Will large hospital systems start to pressure officials in the states that have not expanded Medicaid now that their revenues have increased more than expected in the 26 states that expanded Medicaid under the Affordable Care Act?

That question seems obvious given the results of a new report (pdf) by PwC’s Health Research Institute that showed increased revenue among the nation’s five largest for-profit hospital chains in Medicaid expansion states. The PwC report shows that in states that expanded Medicaid, the five for-profit chains—Community Health Systems (CHS), HCA Holdings, LifePoint Hospitals, Tenet Healthcare and Universal Health Services (UHS)—had more insured and fewer uninsured patients in the first half of this year than they did in the first half of 2013. Hospitals in non-expansion states experienced the opposite, the consultants said. These chains run 538 hospitals in 35 states.

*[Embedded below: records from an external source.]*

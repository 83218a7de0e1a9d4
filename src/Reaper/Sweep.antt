-- ===== src/Reaper/Sweep.antt =====
-- What the sweep of crates/worker/src/reaper.rs leaves.
use invokr.Base.{
  ℕ, ◌≡◌, refl, ap, sym, ◌∙◌, inl, inr, String, Bool, true, false, not, ◌||◌, List, [], ◌∷◌, arith,
  map, keep, All, Bool-cases, if◌then◌else◌,
}
use invokr.Base.Rows.{update_where}
use mathlib.Core.Path.{subst}
use invokr.Store.Does.{Does, bind-Does, query-Does}
use invokr.Store.{Store, Job, CronEntry}
use invokr.Store.Conn.{Conn, ◌>>◌, pure}
use invokr.Jobs.{retire_expired_cron_jobs, is_expired, retire}
use invokr.Jobs.Cron.{unregister_pg_cron_conn, cron_job_name, has_name, others}
use invokr.Reaper.{unregister_all, reap_schema}

abbrev pub expired_ids : ℕ → List Job → List String
expired_ids now t = map (λ j. j.job_id) (keep (is_expired now) t)

-- Is the entry that of one of the jobs?
abbrev pub is_entry_of : String → List String → CronEntry → Bool
is_entry_of schema_name [] e = false
is_entry_of schema_name (id ∷ ids) e =
    has_name (cron_job_name schema_name id) e || is_entry_of schema_name ids e

-- The sweep as one step: expired jobs are retired, and their entries are gone.
abbrev pub swept : ℕ → String → Store → Store
swept now schema_name s = record s {
  jobs = update_where (is_expired now) (retire now) s.jobs;
  cron_jobs = keep (λ e. not (is_entry_of schema_name (expired_ids now s.jobs) e)) s.cron_jobs;
}

keep-others :
    (schema_name id : String) (ids : List String) (t : List CronEntry)
    → keep (λ e. not (is_entry_of schema_name ids e)) (others (cron_job_name schema_name id) t)
      ≡ keep (λ e. not (is_entry_of schema_name (id ∷ ids) e)) t
keep-others schema_name id ids [] = refl
keep-others schema_name id ids (e ∷ t) =
    elim (Bool-cases (has_name (cron_job_name schema_name id) e)) [
      | inl hit ↦ rw hit (keep-others schema_name id ids t)
      | inr miss ↦ elim (Bool-cases (is_entry_of schema_name ids e)) [
        | inl of ↦ rw (miss, of) (keep-others schema_name id ids t)
        | inr not_of ↦ rw (miss, not_of) (ap (◌∷◌ e) (keep-others schema_name id ids t))
      ]
    ]

keep-none : (t : List CronEntry) → keep (λ e. true) t ≡ t
keep-none [] = refl
keep-none (e ∷ t) = ap (◌∷◌ e) (keep-none t)

abbrev without : String → List String → Store → Store
without schema_name ids s = record s {
  cron_jobs = keep (λ e. not (is_entry_of schema_name ids e)) s.cron_jobs;
}

abbrev less : String → String → Store → Store
less schema_name id s = record s { cron_jobs = others (cron_job_name schema_name id) s.cron_jobs }

unregister-Does :
    (schema_name id : String) (c : Conn)
    → c.aborted ≡ false
    → Does (λ _ s. s ≡ less schema_name id c.store) (unregister_pg_cron_conn schema_name id c)
unfolding unregister_pg_cron_conn
unregister-Does schema_name id c h =
    query-Does (λ _ s. s ≡ less schema_name id c.store) _ c h (λ a s e. cc)

unregister_all-Does :
    (schema_name : String) (ids : List String) (c : Conn)
    → c.aborted ≡ false
    → Does (λ _ s. s ≡ without schema_name ids c.store) (unregister_all schema_name ids c)
unfolding unregister_all
unregister_all-Does schema_name [] c h =
    inr (
      h,
      (tt, refl, ap (λ t. record c.store { cron_jobs = t }) (sym (keep-none c.store.cron_jobs))),
    )
unregister_all-Does schema_name (id ∷ ids) c h =
    bind-Does (λ _ s. s ≡ less schema_name id c.store)
      (λ _ s. s ≡ without schema_name (id ∷ ids) c.store) (λ _. unregister_all schema_name ids)
      (unregister_pg_cron_conn schema_name id c) (unregister-Does schema_name id c h)
      (λ _ d alive same.
        subst (λ s. Does (λ _ r. r ≡ s) (unregister_all schema_name ids d))
          (ap (without schema_name ids) same
            ∙ ap (λ t. record c.store { cron_jobs = t })
                (keep-others schema_name id ids c.store.cron_jobs))
          (unregister_all-Does schema_name ids d alive))

abbrev retired_in : ℕ → Store → Store
retired_in now s = record s { jobs = update_where (is_expired now) (retire now) s.jobs }

abbrev Retires : ℕ → Store → List String → Store → Type 0
Retires now s ids r = (ids ≡ expired_ids now s.jobs) × (r ≡ retired_in now s)

retire-Does :
    (now : ℕ) (c : Conn)
    → c.aborted ≡ false
    → Does (Retires now c.store) (retire_expired_cron_jobs now c)
unfolding retire_expired_cron_jobs
retire-Does now c h = query-Does (Retires now c.store) _ c h (λ ids s e. (cc, cc))

-- A retired job is not expired any more.
unexpired :
    (now : ℕ) (t : List Job)
    → All (λ j. is_expired now j ≡ false) (update_where (is_expired now) (retire now) t)
unexpired now [] = tt
unexpired now (j ∷ t) = (this, unexpired now t)
  where
    this : is_expired now (if is_expired now j then retire now j else j) ≡ false
    this = elim (Bool-cases (is_expired now j)) [
      | inl hit ↦ rw hit (ground arith)
      | inr miss ↦ rw miss miss
    ]

abbrev pub Sweeps : ℕ → String → Store → List String → Store → Type 0
Sweeps now schema_name s ids r =
    (ids ≡ expired_ids now s.jobs)
    × (r ≡ swept now schema_name s)
    × All (λ j. is_expired now j ≡ false) r.jobs

Sweeps-intro :
    (now : ℕ) (schema_name : String) (s r : Store) (ids : List String)
    → ids ≡ expired_ids now s.jobs
    → r ≡ swept now schema_name s
    → Sweeps now schema_name s ids r
Sweeps-intro now schema_name s r ids same e = (
  same,
  e,
  subst (λ (x : Store). All (λ j. is_expired now j ≡ false) x.jobs) (sym e) (unexpired now s.jobs),
)

-- The sweep on a live transaction either retires all CRON jobs whose end has passed and removes
-- the cron entries of exactly those, returning their ids, so that no expired job is left ACTIVE;
-- or a statement of it fails, and then the transaction is aborted and commits nothing.
pub reap_schema-Does :
    (now : ℕ) (schema_name : String) (c : Conn)
    → c.aborted ≡ false
    → Does (Sweeps now schema_name c.store) (reap_schema now schema_name c)
unfolding reap_schema
reap_schema-Does now schema_name c h =
    bind-Does (Retires now c.store) (Sweeps now schema_name c.store)
      (λ ids. unregister_all schema_name ids >> pure ids) (retire_expired_cron_jobs now c)
      (retire-Does now c h)
      (λ ids d alive retires.
        bind-Does (λ _ s. s ≡ without schema_name ids d.store) (Sweeps now schema_name c.store)
          (λ _. pure ids) (unregister_all schema_name ids d)
          (unregister_all-Does schema_name ids d alive)
          (λ _ f live same. inr (
            live,
            (
              ids,
              refl,
              Sweeps-intro now schema_name c.store f.store ids retires.0 (
                  same
                  ∙ ap (without schema_name ids) retires.1
                  ∙ ap (λ i. without schema_name i (retired_in now c.store)) retires.0),
            ),
          )))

PwC analyzed quarterly earnings reports filed with the SEC, industry surveys and conducted interviews with hospital executives to report that the five hospital chains saw Medicaid admissions rise 10.4 percent to 32 percent since Jan. 1. At the same time, all five hospital chains reported that admissions among self-paying patients declined sharply in all states as well. Self-paying admissions dropped by 14.7 percent at CHS, by 6.6 percent at HCS, by 30.3 percent at LifePoint, by 6.5 percent at Tenet and by 9.3 percent at UHS, the report showed.